本発明の一実施形態に係る露光装置の側面図である。 (a)は本発明の露光装置の露光ステージにテープが吸着された状態での背面方向からの透視図であり、(b)はテープがステージ吸着された状態での(a)のA−A方向の断面図である。 別のテープに関する実施例で、別のテープがステージ吸着された状態である。 本発明の一実施形態に係る露光方法のフローチャートである。
符号の説明
1 露光装置
2 露光ステージ
3 側辺吸引口
5 ブロア
6 テープ
8 三方バルブ
9 減圧タンク
10 減圧ポンプ
13 中央吸引口
15 三方バルブ
16 減圧ポンプ
17 中央領域
18 ホール領域
19 側辺領域
20 パーフォレイションホール
21 ブロック
22 中央部
23 側辺部

Claims (8)

  1. フイルム状のテープを1ブロックずつ送り方向に送りながら、露光ステージで前記1ブロックごとに前記テープを露光する露光装置において、
    前記露光装置は、
    中央吸引口に接続する第1減圧装置と、
    側辺吸引口に接続し、前記第1減圧装置より吸引力が強い第2減圧装置を有し、
    前記露光ステージは、
    前記第1減圧装置が前記テープを引き付ける第1吸引力により前記テープの中央領域を吸引し吸着させる前記中央吸引口と、
    前記第2減圧装置が前記テープの側辺領域を引き付ける前記第1吸引力より強い第2吸引力により前記側辺領域を吸引し吸着させる側辺吸引口と、
    を有し、
    前記露光ステージは取り替え可能であることを特徴とする露光装置。
  2. フイルム状のテープを1ブロックずつ送り方向に送りながら、露光ステージで前記1ブロックごとに前記テープを露光する露光装置において、
    前記露光装置は、
    中央吸引口に接続する前記第1減圧装置と、
    側辺吸引口に接続し、前記第1減圧装置より吸引力が強い第2減圧装置を有し、
    前記第2減圧装置は、
    前記側辺吸引口に接続する減圧ポンプと、
    前記側辺吸引口と前記減圧ポンプとに接続し、前記減圧ポンプにより内部圧力が減圧される減圧タンクと、
    を有し、
    前記露光ステージは、
    前記第1減圧装置が前記テープを引き付ける前記第1吸引力により前記テープの中央領域を吸引し吸着させる前記中央吸引口と、
    前記第2減圧装置が前記テープの側辺領域を引き付ける前記第1吸引力より強い第2吸引力により前記側辺領域を吸引し吸着させる側辺吸引口と、
    を有し、
    前記露光ステージは取り替え可能であることを特徴とする露光装置。
  3. 前記テープが前記送り方向に伸びる少なくとも一対のパーフォレイションを有し、
    一対のパーフォレイション間の前記中央領域と前記パーフォレイションから前記テープの端部までの前記側辺領域を有することを特徴とする請求項1または請求項2に記載の露光装置。

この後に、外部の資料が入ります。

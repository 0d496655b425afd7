-- ===== src/Secure/Nonces.antt =====
-- The nonces that `seal` uses.
use iran_remote_play.Prelude.{
  ℕ, ◌+◌, ◌*◌, ◌%◌, ◌^◌, ◌≤◌, ◌<◌, ◌≡◌, refl, sym, ap, ◌∙◌, ◌≢◌, inl, inr, Option, none, some, List,
  [], ◌∷◌, ◌++◌, ◌||◌, not, ltb, ◌==◌, length, drop, arith, Bool-cases, drop-append,
}
use iran_remote_play.Prelude.Bytes.{Bytes, le_bytes, from_le, from_le-le_bytes}
use iran_remote_play.Secure.Crypto.{Cng}
use iran_remote_play.Secure.Channel.{SecureChannel, seal, seal_result, nonce, bound_header}

-- The channel after each of some calls of `seal`.
unfoldable pub seal_all : Cng → SecureChannel → List (Bytes × Bytes) → SecureChannel
seal_all cng c [] = c
seal_all cng c ((header, payload) ∷ rest) = seal_all cng (seal cng c header payload).1 rest

-- The ways that a call of `seal` ends: refused without a change, or with the counter moved on.
seal_cases :
    (P : Option Bytes × SecureChannel → Type 0) (cng : Cng) (c : SecureChannel)
    (header payload : Bytes)
    → P (none, c)
    → P (none, record c { send_counter = (c.send_counter + 1) % 2 ^ 64 })
    → ((out : Bytes)
        → P (
          some out,
          record c {
            send_counter = (c.send_counter + 1) % 2 ^ 64;
            sealed = (c.sealed + 1) % 2 ^ 64;
          },
        ))
    → P (seal cng c header payload)
unfolding seal
seal_cases P cng c header payload refused failed sent =
    elim (Bool-cases (not c.active || ltb (64 * 1024) (length payload))) [
      | inl bad ↦ rw bad refused
      | inr good ↦ rw good (elim (Bool-cases (c.send_counter == 0)) [
        | inl zero_counter ↦ rw zero_counter failed
        | inr used ↦ rw used (
            result_cases (
              cng.encrypt c.send_key (nonce c c.send_counter) (le_bytes 8 c.send_counter ++ payload)
                (bound_header header)))
      ])
    ]
  where
    result_cases :
        (out : Option (Bytes × Bytes))
        → P (seal_result (record c { send_counter = (c.send_counter + 1) % 2 ^ 64 }) out)
    result_cases none = unfold seal_result in failed
    result_cases (some (ciphertext, tag)) = unfold seal_result in sent (ciphertext ++ tag)

-- `c'` has the keys of `c` and a counter that is not behind.
pub record IsAfter (c c' : SecureChannel) : Type 0 where
  pub key : c'.send_key ≡ c.send_key
  pub salt : c'.nonce_salt ≡ c.nonce_salt
  pub counted : c.send_counter ≤ c'.send_counter

seal-IsAfter :
    (cng : Cng) (c : SecureChannel) (header payload : Bytes)
    → c.send_counter + 1 < 2 ^ 64
    → IsAfter c (seal cng c header payload).1
seal-IsAfter cng c header payload room =
    seal_cases (λ r. IsAfter c r.1) cng c header payload
      (record { key = refl; salt = refl; counted = omega arith })
      (record { key = refl; salt = refl; counted = omega (arith, room) })
      (λ out. record { key = refl; salt = refl; counted = omega (arith, room) })

-- One call moves the counter by one at most.
seal-step :
    (cng : Cng) (c : SecureChannel) (header payload : Bytes)
    → (seal cng c header payload).1.send_counter ≤ c.send_counter + 1
seal-step cng c header payload =
    seal_cases (λ r. r.1.send_counter ≤ c.send_counter + 1) cng c header payload (omega arith)
      (omega arith) (λ out. omega arith)

seal-counts :
    (cng : Cng) (c : SecureChannel) (header payload out : Bytes)
    → c.send_counter + 1 < 2 ^ 64
    → (seal cng c header payload).0 ≡ some out
    → c.send_counter < (seal cng c header payload).1.send_counter
seal-counts cng c header payload out room =
    seal_cases (λ r. r.0 ≡ some out → c.send_counter < r.1.send_counter) cng c header payload
      (λ h. cc) (λ h. cc) (λ out' h. omega (arith, room))

seal_all-IsAfter :
    (cng : Cng) (c : SecureChannel) (inputs : List (Bytes × Bytes))
    → c.send_counter + length inputs < 2 ^ 64
    → IsAfter c (seal_all cng c inputs)
unfolding seal_all
seal_all-IsAfter cng c [] room = record { key = refl; salt = refl; counted = omega arith }
seal_all-IsAfter cng c ((header, payload) ∷ rest) room =
    let c' = (seal cng c header payload).1 in
    let step = seal-step cng c header payload in
    let first = seal-IsAfter cng c header payload (omega (arith, room)) in
    let others =
      seal_all-IsAfter cng (seal cng c header payload).1 rest (omega (arith, room, step)) in
    record {
      key = others.key ∙ first.key;
      salt = others.salt ∙ first.salt;
      counted = omega (arith, first.counted, others.counted);
    }

le_bytes_injective : (v w : ℕ) → v < 2 ^ 64 → w < 2 ^ 64 → le_bytes 8 v ≡ le_bytes 8 w → v ≡ w
le_bytes_injective v w hv hw same =
    sym (from_le-le_bytes 8 v hv) ∙ (ap from_le same ∙ from_le-le_bytes 8 w hw)

seal_all-bound :
    (cng : Cng) (c : SecureChannel) (inputs : List (Bytes × Bytes))
    → (seal_all cng c inputs).send_counter ≤ c.send_counter + length inputs
unfolding seal_all
seal_all-bound cng c [] = omega arith
seal_all-bound cng c ((header, payload) ∷ rest) =
    let step = seal-step cng c header payload in
    let others = seal_all-bound cng (seal cng c header payload).1 rest in
    omega (arith, step, others)

append_injective : (xs ys zs : Bytes) → xs ++ ys ≡ xs ++ zs → ys ≡ zs
append_injective xs ys zs same =
    sym (drop-append xs ys (length xs) refl)
    ∙ (ap (drop (length xs)) same ∙ drop-append xs zs (length xs) refl)

pub nonce_injective :
    (c c' : SecureChannel) (v w : ℕ)
    → v < 2 ^ 64
    → w < 2 ^ 64
    → c'.nonce_salt ≡ c.nonce_salt
    → nonce c' w ≡ nonce c v
    → w ≡ v
nonce_injective c c' v w hv hw salts same = le_bytes_injective w v hw hv (
    append_injective c.nonce_salt (le_bytes 8 w) (le_bytes 8 v)
      (ap (λ salt. salt ++ le_bytes 8 w) (sym salts) ∙ same))

-- After a call of `seal` that gave a datagram, and any further calls, as long as the counter cannot
-- wrap around, the channel still has its key and the next call uses another nonce than that call did.
pub seal_fresh_nonce :
    (cng : Cng) (c : SecureChannel) (header payload out : Bytes) (between : List (Bytes × Bytes))
    → c.send_counter + length between + 2 < 2 ^ 64
    → (seal cng c header payload).0 ≡ some out
    → let later = seal_all cng (seal cng c header payload).1 between in
      (later.send_key ≡ c.send_key) × (nonce later later.send_counter ≢ nonce c c.send_counter)
seal_fresh_nonce cng c header payload out between room h =
    let c' = (seal cng c header payload).1 in
    let step = seal-step cng c header payload in
    let one = seal-IsAfter cng c header payload (omega (arith, room)) in
    let more = seal-counts cng c header payload out (omega (arith, room)) h in
    let rest =
      seal_all-IsAfter cng (seal cng c header payload).1 between (omega (arith, room, step)) in
    let bound = seal_all-bound cng (seal cng c header payload).1 between in
    (
      rest.key ∙ one.key,
      λ same.
          let equal =
            nonce_injective c (seal_all cng (seal cng c header payload).1 between) c.send_counter _
              (omega (arith, room)) (omega (arith, room, step, bound)) (rest.salt ∙ one.salt)
              same in
          omega (arith, equal, more, rest.counted),
    )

  4. 前記側辺領域はパーフォレイションを有していない前記テープの幅に対して10パーセント以下の領域であることを特徴とする請求項1または請求項2に記載の露光装置。
  5. 前記中央領域および前記側辺領域の吸引を開始した後に、前記テープの前記中央吸引口または側辺吸引口とは反対側からテープに向かって気体を吹き出すブロア部を有することを特徴とする請求項1乃至請求項4のいずれか1項に記載の露光装置。

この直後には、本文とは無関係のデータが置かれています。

-- ===== src/Secure/Sealed.antt =====
-- What `open` makes of what the other side's `seal` sent.
use iran_remote_play.Prelude.{
  ℕ, ◌+◌, ◌-◌, ◌*◌, ◌%◌, ◌^◌, ◌≤◌, ◌<◌, ◌≡◌, refl, sym, ap, subst, ◌≢◌, inl, inr, Option, none,
  some, ◌++◌, true, false, ◌||◌, not, if◌then◌else◌, ltb, ◌==◌, length, arith, Bool-cases,
  length-append, All, take-append, drop-append,
}
use iran_remote_play.Prelude.Bytes.{
  Bytes, le_bytes, from_le-le_bytes, length-le_bytes, from_le_bound,
}
use native.Mathlib.Decide.{ℕ_discrete}
use iran_remote_play.Secure.Crypto.{Cng}
use iran_remote_play.Secure.Nonces.{nonce_injective}
use iran_remote_play.Secure.Channel.{
  SecureChannel, seal, seal_result, nonce, bound_header, open_sealed, open_result, counter_of,
  is_replay, accept,
}

-- The encryption that a successful call of `seal` made.
record Sealing (cng : Cng) (c : SecureChannel) (header payload input : Bytes) : Type 0 where
  pub ciphertext : Bytes
  pub tag : Bytes
  pub made :
      cng.encrypt c.send_key
        (nonce c c.send_counter)
        (le_bytes 8 c.send_counter ++ payload)
        (bound_header header)
      ≡ some (ciphertext, tag)
  pub joined : ciphertext ++ tag ≡ input

seal-Sealing :
    (cng : Cng) (c : SecureChannel) (header payload input : Bytes)
    → (seal cng c header payload).0 ≡ some input
    → Sealing cng c header payload input
unfolding seal
seal-Sealing cng c header payload input =
    elim (Bool-cases (not c.active || ltb (64 * 1024) (length payload))) [
      | inl bad ↦ rw bad (λ h. cc)
      | inr good ↦ rw good (elim (Bool-cases (c.send_counter == 0)) [
        | inl zero_counter ↦ rw zero_counter (λ h. cc)
        | inr used ↦ rw used (
            result_of
              (cng.encrypt c.send_key (nonce c c.send_counter)
                (le_bytes 8 c.send_counter ++ payload) (bound_header header))
              refl)
      ])
    ]
  where
    result_of :
        (out : Option (Bytes × Bytes))
        → cng.encrypt c.send_key
            (nonce c c.send_counter)
            (le_bytes 8 c.send_counter ++ payload)
            (bound_header header)
          ≡ out
        → (seal_result (record c { send_counter = (c.send_counter + 1) % 2 ^ 64 }) out).0
          ≡ some input
        → Sealing cng c header payload input
    result_of none made = unfold seal_result in λ h. cc
    result_of (some (ciphertext, tag)) made =
        unfold seal_result in
        λ h. record { ciphertext = ciphertext; tag = tag; made = made; joined = cc }

-- An open call on a channel that has accepted nothing yet.
fresh_open :
    (cng : Cng) (r : SecureChannel) (header ciphertext tag : Bytes)
    → r.active ≡ true
    → r.recv_init ≡ false
    → 8 ≤ length ciphertext
    → length tag ≡ 16
    → open_sealed cng r header (ciphertext ++ tag)
      ≡ open_result r (counter_of (ciphertext ++ tag)) (
          cng.decrypt r.recv_key
            (nonce r (counter_of (ciphertext ++ tag)))
            ciphertext
            tag
            (bound_header header))
unfolding open_sealed is_replay
fresh_open cng r header ciphertext tag on new long sized =
    let whole = length-append ciphertext tag in
    let short : ltb (length (ciphertext ++ tag)) 24 ≡ false = ground (arith, whole, long, sized) in
    let size : length (ciphertext ++ tag) - 16 ≡ length ciphertext = omega (arith, whole, sized) in
    rw
      (
        short,
        size,
        take-append ciphertext tag (length ciphertext) refl,
        drop-append ciphertext tag (length ciphertext) refl,
        new,
        on,
      )
      refl

-- The plaintext holds the counter that the two sides share, so `open` takes the payload out.
open_result-counter :
    (r : SecureChannel) (counter : ℕ) (payload : Bytes)
    → counter < 2 ^ 64
    → open_result r counter (some (le_bytes 8 counter ++ payload))
      ≡ (some payload, accept r counter)
unfolding open_result
open_result-counter r counter payload small =
    let sized = length-le_bytes 8 counter in
    let whole = length-append (le_bytes 8 counter) payload in
    let short : ltb (length (le_bytes 8 counter ++ payload)) 8 ≡ false =
      ground (arith, whole, sized) in
    rw
      (
        short,
        take-append (le_bytes 8 counter) payload 8 sized,
        drop-append (le_bytes 8 counter) payload 8 sized,
        from_le-le_bytes 8 counter small,
      )
      (ground arith)

-- The result at each counter that the datagram may show.
opened_at :
    (cng : Cng) (s r : SecureChannel) (header payload ciphertext tag : Bytes)
    → ((key used plain aad ciphertext tag : Bytes)
        → cng.encrypt key used plain aad ≡ some (ciphertext, tag)
        → cng.decrypt key used ciphertext tag aad ≡ some plain)
    → ((key used other plain aad ciphertext tag : Bytes)
        → cng.encrypt key used plain aad ≡ some (ciphertext, tag)
        → length other ≡ length used
        → other ≢ used
        → cng.decrypt key other ciphertext tag aad ≡ none)
    → s.send_counter < 2 ^ 64
    → r.recv_key ≡ s.send_key
    → r.nonce_salt ≡ s.nonce_salt
    → cng.encrypt s.send_key
        (nonce s s.send_counter)
        (le_bytes 8 s.send_counter ++ payload)
        (bound_header header)
      ≡ some (ciphertext, tag)
    → (shown : ℕ) → shown < 2 ^ 64
    → (open_result r shown
        (cng.decrypt r.recv_key (nonce r shown) ciphertext tag (bound_header header))).0
      ≡ (if shown == s.send_counter then some payload else none)
opened_at cng s r header payload ciphertext tag decrypts refuses small key salt made shown bound =
    elim (ℕ_discrete shown s.send_counter) [
      | yes same ↦
          let test : (shown == s.send_counter) ≡ true = ground (arith, same) in
          rw (test, same, key, salt, decrypts _ _ _ _ _ _ made)
            (ap (λ p. p.0) (open_result-counter _ s.send_counter payload small))
      | no other ↦
          let test : (shown == s.send_counter) ≡ false = ground (arith, other) in
          let sized : length (nonce r shown) ≡ length (nonce s s.send_counter) = omega (
            arith,
            ap length salt,
            length-append r.nonce_salt (le_bytes 8 shown),
            length-append s.nonce_salt (le_bytes 8 s.send_counter),
            length-le_bytes 8 shown,
            length-le_bytes 8 s.send_counter,
          ) in
          rw
            (
              test,
              key,
              refuses _ _ (nonce r shown) _ _ _ _ made sized
                  (λ e. other (nonce_injective s r s.send_counter shown small bound salt e)),
            )
            (unfold open_result in refl)
    ]

-- A sealed datagram that reaches a fresh peer with the same header, key and salt: `open` reads the
-- counter from the first eight bytes of the ciphertext, though `seal` puts the counter into the
-- plaintext only. So it gives the payload when the cipher happens to leave the counter there, and
-- nothing when it does not. The cipher keeps the length, adds a tag of 16 bytes, decrypts what it
-- encrypted, and refuses it under another nonce of the same length.
pub open_sealed-seal :
    (cng : Cng) (s r : SecureChannel) (header payload input : Bytes)
    → ((key used plain aad ciphertext tag : Bytes)
        → cng.encrypt key used plain aad ≡ some (ciphertext, tag)
        → (length ciphertext ≡ length plain) × (length tag ≡ 16))
    → ((key used plain aad ciphertext tag : Bytes)
        → cng.encrypt key used plain aad ≡ some (ciphertext, tag)
        → cng.decrypt key used ciphertext tag aad ≡ some plain)
    → ((key used other plain aad ciphertext tag : Bytes)
        → cng.encrypt key used plain aad ≡ some (ciphertext, tag)
        → length other ≡ length used
        → other ≢ used
        → cng.decrypt key other ciphertext tag aad ≡ none)
    → s.send_counter < 2 ^ 64
    → All (λ b. b < 256) input
    → r.active ≡ true
    → r.recv_init ≡ false
    → r.recv_key ≡ s.send_key
    → r.nonce_salt ≡ s.nonce_salt
    → (seal cng s header payload).0 ≡ some input
    → (open_sealed cng r header input).0
      ≡ (if counter_of input == s.send_counter then some payload else none)
open_sealed-seal cng s r header payload input sizes decrypts refuses small isbytes on new key salt
      h =
    let made = seal-Sealing cng s header payload input h in
    let size = sizes _ _ _ _ _ _ made.made in
    let whole = length-append (le_bytes 8 s.send_counter) payload in
    let eight = length-le_bytes 8 s.send_counter in
    subst
      (λ i.
        (open_sealed cng r header i).0
        ≡ (if counter_of i == s.send_counter then some payload else none))
      made.joined
      (rw
        (fresh_open cng r header made.ciphertext made.tag on new
          (omega (arith, size.0, whole, eight)) size.1)
        (opened_at cng s r header payload made.ciphertext made.tag decrypts refuses small key salt
          made.made _
          (from_le_bound 8 (made.ciphertext ++ made.tag)
            (subst (All (λ b. b < 256)) (sym made.joined) isbytes))))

  6. フイルム状のテープを1ブロックずつ送りながら、前記露光ステージで前記1ブロックごとに前記テープを吸着しては露光する露光方法において、
    第1減圧ポンプで減圧タンクの内部圧力を減圧する工程、
    第2減圧ポンプにより、前記テープの第1面の中央領域を引き付ける第1吸引力を働かせる工程、
    次に、前記第1ポンプと減圧された前記減圧タンクとにより、前記テープの第一面の側辺領域を引き付ける前記第1吸引力より強い第2吸引力を働かせる工程、
    を特徴とする露光方法。
  7. 前記第2吸引力を働かせた後でかつ前記露光前に、前記第1面とは異なる第2面に向けて気体を吹き出すことを特徴とする請求項6に記載の露光方法。
  8. 前記テープは前記送り方向に伸びる少なくとも一対のパーフォレイションを有しており、前記中央領域は一対のパーフォレイション間の領域であり、前記側辺領域は前記パーフォレイションから前記テープの端部であることを特徴とする請求項6乃至請求項7のいずれか1項に記載の露光方法。